[Start of section]

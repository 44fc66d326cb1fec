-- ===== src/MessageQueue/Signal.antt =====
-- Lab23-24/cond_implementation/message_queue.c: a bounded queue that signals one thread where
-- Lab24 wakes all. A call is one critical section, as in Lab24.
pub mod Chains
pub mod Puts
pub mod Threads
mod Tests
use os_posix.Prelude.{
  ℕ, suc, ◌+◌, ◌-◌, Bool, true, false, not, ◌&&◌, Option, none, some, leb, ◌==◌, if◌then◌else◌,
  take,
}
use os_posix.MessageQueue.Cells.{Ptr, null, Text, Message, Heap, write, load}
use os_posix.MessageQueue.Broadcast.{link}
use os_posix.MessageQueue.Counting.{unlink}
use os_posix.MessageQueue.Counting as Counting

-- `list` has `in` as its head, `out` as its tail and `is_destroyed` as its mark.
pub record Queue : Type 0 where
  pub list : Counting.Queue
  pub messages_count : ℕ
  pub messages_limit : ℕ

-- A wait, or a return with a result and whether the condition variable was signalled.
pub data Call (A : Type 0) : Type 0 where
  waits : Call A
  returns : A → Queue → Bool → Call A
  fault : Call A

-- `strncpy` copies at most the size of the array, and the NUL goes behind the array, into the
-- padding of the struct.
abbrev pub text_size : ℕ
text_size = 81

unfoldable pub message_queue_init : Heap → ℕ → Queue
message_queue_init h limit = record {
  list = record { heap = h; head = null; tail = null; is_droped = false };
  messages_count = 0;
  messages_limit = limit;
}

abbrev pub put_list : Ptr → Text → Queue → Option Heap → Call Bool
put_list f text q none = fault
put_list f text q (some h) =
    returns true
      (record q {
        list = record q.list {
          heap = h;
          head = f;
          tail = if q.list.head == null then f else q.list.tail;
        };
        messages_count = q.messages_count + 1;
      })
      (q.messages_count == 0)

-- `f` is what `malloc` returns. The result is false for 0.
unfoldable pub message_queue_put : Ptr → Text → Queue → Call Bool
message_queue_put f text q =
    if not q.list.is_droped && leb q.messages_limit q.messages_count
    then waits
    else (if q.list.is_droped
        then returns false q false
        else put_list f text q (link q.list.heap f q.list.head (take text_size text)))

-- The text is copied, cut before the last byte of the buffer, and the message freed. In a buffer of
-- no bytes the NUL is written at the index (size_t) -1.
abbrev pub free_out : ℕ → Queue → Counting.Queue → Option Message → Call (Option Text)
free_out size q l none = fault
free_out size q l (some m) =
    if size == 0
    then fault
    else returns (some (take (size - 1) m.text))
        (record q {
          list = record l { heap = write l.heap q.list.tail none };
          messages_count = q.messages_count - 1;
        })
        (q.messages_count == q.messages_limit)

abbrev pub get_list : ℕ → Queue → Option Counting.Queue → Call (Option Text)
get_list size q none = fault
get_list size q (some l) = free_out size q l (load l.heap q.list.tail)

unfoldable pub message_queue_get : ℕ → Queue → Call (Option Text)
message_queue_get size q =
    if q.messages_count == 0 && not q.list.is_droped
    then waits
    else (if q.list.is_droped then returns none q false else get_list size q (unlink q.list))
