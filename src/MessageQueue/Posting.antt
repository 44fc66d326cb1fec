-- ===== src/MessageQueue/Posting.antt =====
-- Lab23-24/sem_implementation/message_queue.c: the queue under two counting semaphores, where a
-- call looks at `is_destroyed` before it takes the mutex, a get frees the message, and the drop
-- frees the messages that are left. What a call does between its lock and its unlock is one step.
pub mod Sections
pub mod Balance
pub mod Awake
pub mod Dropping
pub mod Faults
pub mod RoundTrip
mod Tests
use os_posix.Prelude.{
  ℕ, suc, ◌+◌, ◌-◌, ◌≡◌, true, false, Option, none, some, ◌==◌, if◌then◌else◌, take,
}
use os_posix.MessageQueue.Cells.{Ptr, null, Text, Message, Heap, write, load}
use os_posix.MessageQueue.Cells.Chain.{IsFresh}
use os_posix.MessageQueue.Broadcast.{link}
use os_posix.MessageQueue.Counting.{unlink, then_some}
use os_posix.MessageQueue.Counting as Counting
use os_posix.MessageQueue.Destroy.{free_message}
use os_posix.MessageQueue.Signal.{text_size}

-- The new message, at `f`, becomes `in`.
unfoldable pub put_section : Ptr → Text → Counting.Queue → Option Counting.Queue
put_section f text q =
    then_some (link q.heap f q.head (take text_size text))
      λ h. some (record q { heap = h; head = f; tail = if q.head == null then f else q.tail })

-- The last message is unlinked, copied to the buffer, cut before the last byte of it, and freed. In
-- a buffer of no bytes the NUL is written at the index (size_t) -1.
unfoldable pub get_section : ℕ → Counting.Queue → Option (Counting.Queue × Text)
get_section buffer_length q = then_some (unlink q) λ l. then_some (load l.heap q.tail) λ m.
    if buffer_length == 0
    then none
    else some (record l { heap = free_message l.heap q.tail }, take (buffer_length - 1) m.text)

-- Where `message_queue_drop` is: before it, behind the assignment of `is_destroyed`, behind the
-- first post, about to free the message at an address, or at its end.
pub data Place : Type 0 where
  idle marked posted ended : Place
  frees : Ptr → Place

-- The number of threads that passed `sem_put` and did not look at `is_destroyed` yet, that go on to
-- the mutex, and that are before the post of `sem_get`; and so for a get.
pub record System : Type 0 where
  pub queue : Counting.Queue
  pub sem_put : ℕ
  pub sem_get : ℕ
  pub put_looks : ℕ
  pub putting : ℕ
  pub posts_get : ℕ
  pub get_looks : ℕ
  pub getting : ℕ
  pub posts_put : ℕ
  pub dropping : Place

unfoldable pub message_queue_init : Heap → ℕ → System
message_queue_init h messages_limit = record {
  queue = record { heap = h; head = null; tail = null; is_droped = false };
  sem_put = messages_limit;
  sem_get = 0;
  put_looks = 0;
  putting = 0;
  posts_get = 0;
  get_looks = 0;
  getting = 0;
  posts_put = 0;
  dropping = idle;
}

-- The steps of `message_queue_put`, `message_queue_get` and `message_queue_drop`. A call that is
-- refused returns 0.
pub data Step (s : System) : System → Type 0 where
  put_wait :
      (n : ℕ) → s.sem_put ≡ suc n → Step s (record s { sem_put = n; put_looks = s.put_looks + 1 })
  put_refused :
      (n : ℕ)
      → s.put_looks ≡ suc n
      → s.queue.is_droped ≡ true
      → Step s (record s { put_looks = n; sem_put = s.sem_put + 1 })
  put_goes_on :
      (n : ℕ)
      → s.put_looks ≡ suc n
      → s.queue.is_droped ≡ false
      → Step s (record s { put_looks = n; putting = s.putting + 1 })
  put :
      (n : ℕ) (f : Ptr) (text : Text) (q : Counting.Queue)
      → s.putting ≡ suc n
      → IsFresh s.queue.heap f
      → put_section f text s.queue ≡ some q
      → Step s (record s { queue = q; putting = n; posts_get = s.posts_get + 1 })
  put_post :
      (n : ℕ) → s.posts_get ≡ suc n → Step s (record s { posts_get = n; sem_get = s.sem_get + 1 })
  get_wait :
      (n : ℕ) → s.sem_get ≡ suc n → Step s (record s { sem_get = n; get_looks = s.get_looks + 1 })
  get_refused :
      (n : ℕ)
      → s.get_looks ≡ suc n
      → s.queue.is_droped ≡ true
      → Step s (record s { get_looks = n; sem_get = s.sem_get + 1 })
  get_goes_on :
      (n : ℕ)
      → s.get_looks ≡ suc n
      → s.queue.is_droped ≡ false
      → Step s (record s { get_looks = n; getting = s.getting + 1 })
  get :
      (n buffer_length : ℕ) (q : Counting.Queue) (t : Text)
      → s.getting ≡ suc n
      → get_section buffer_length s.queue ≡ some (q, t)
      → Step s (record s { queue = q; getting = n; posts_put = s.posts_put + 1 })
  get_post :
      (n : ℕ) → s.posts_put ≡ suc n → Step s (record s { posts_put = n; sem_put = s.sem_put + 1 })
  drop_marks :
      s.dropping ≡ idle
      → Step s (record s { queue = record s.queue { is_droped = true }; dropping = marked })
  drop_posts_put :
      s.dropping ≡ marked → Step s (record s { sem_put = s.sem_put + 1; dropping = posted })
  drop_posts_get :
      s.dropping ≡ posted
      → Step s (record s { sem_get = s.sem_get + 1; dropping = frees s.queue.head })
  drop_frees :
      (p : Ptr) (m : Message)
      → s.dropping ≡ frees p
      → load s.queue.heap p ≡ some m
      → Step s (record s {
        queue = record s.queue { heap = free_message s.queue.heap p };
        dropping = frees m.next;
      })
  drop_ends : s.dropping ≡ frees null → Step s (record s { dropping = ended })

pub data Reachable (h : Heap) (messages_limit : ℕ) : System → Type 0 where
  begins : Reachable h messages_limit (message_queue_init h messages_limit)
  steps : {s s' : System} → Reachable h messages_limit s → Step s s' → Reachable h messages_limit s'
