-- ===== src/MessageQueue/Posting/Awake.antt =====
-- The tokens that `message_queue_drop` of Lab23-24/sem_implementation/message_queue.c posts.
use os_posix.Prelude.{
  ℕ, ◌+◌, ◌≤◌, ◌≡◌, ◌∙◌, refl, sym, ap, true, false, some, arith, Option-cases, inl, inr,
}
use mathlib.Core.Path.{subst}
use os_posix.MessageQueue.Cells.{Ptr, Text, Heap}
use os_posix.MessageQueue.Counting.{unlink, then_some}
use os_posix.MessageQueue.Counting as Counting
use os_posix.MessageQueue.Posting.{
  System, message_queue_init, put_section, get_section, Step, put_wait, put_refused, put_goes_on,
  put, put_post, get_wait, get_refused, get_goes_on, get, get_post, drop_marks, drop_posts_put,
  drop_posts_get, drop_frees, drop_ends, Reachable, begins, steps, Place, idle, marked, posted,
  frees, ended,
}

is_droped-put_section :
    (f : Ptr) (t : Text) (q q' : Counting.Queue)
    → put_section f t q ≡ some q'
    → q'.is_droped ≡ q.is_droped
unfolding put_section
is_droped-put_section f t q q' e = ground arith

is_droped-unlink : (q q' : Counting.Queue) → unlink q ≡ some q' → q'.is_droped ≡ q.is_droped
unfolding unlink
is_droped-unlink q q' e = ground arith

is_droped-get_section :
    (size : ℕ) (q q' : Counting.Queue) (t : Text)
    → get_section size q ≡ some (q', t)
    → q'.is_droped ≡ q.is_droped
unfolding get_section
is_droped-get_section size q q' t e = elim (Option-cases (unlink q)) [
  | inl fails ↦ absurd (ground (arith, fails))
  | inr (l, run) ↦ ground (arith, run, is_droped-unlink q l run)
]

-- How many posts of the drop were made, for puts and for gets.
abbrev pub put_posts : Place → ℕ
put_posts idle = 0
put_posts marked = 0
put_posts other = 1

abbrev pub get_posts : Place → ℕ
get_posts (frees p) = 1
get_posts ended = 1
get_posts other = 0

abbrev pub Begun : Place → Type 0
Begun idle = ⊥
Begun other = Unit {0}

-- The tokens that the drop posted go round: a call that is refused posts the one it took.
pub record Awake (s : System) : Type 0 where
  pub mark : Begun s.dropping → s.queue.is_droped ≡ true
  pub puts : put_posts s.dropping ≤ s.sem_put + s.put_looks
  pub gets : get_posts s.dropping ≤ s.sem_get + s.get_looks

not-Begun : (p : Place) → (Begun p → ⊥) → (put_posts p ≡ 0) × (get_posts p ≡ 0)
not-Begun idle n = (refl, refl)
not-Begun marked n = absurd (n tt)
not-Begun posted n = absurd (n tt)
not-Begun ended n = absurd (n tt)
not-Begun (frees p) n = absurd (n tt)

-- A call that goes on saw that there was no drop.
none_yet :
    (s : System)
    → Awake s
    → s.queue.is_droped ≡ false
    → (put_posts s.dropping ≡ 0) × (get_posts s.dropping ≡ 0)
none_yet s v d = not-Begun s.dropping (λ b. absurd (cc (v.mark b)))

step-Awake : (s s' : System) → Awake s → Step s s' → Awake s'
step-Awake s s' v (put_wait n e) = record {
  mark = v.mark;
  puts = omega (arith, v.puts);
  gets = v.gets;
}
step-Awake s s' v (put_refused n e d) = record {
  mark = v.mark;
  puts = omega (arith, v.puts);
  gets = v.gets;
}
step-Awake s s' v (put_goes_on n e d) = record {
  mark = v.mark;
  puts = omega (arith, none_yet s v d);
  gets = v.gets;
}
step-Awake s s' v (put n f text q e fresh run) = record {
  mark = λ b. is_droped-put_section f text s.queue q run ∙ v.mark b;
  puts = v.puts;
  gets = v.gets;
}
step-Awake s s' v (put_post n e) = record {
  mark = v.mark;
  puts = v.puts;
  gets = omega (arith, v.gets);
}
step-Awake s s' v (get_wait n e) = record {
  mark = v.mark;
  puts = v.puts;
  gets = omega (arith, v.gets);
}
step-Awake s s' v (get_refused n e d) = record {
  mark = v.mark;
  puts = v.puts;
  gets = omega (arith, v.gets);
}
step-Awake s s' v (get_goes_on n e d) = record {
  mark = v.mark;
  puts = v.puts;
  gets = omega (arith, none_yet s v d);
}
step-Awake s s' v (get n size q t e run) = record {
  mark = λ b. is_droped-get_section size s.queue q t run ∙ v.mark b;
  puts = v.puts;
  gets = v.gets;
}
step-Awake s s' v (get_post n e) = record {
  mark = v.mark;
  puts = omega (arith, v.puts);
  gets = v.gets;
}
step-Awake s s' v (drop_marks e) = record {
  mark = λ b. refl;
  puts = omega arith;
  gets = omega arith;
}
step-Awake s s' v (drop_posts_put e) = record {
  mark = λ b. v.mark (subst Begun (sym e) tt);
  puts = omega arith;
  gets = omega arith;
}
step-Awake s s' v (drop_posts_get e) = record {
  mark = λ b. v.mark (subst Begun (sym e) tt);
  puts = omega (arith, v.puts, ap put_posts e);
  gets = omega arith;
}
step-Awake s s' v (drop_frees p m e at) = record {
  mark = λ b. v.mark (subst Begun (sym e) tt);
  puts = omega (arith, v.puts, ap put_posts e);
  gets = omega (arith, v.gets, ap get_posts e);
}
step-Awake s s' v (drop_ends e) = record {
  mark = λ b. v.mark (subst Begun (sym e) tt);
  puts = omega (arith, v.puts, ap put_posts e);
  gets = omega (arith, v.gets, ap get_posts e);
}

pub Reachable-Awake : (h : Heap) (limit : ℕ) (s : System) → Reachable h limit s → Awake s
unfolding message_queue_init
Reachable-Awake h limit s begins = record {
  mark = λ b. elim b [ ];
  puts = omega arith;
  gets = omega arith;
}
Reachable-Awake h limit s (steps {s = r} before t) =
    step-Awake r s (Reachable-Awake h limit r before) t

[End of section]

§ **Task objective**
Your answer should be one number: how many lines above include the word "unfoldable".

§ **Final answer**
6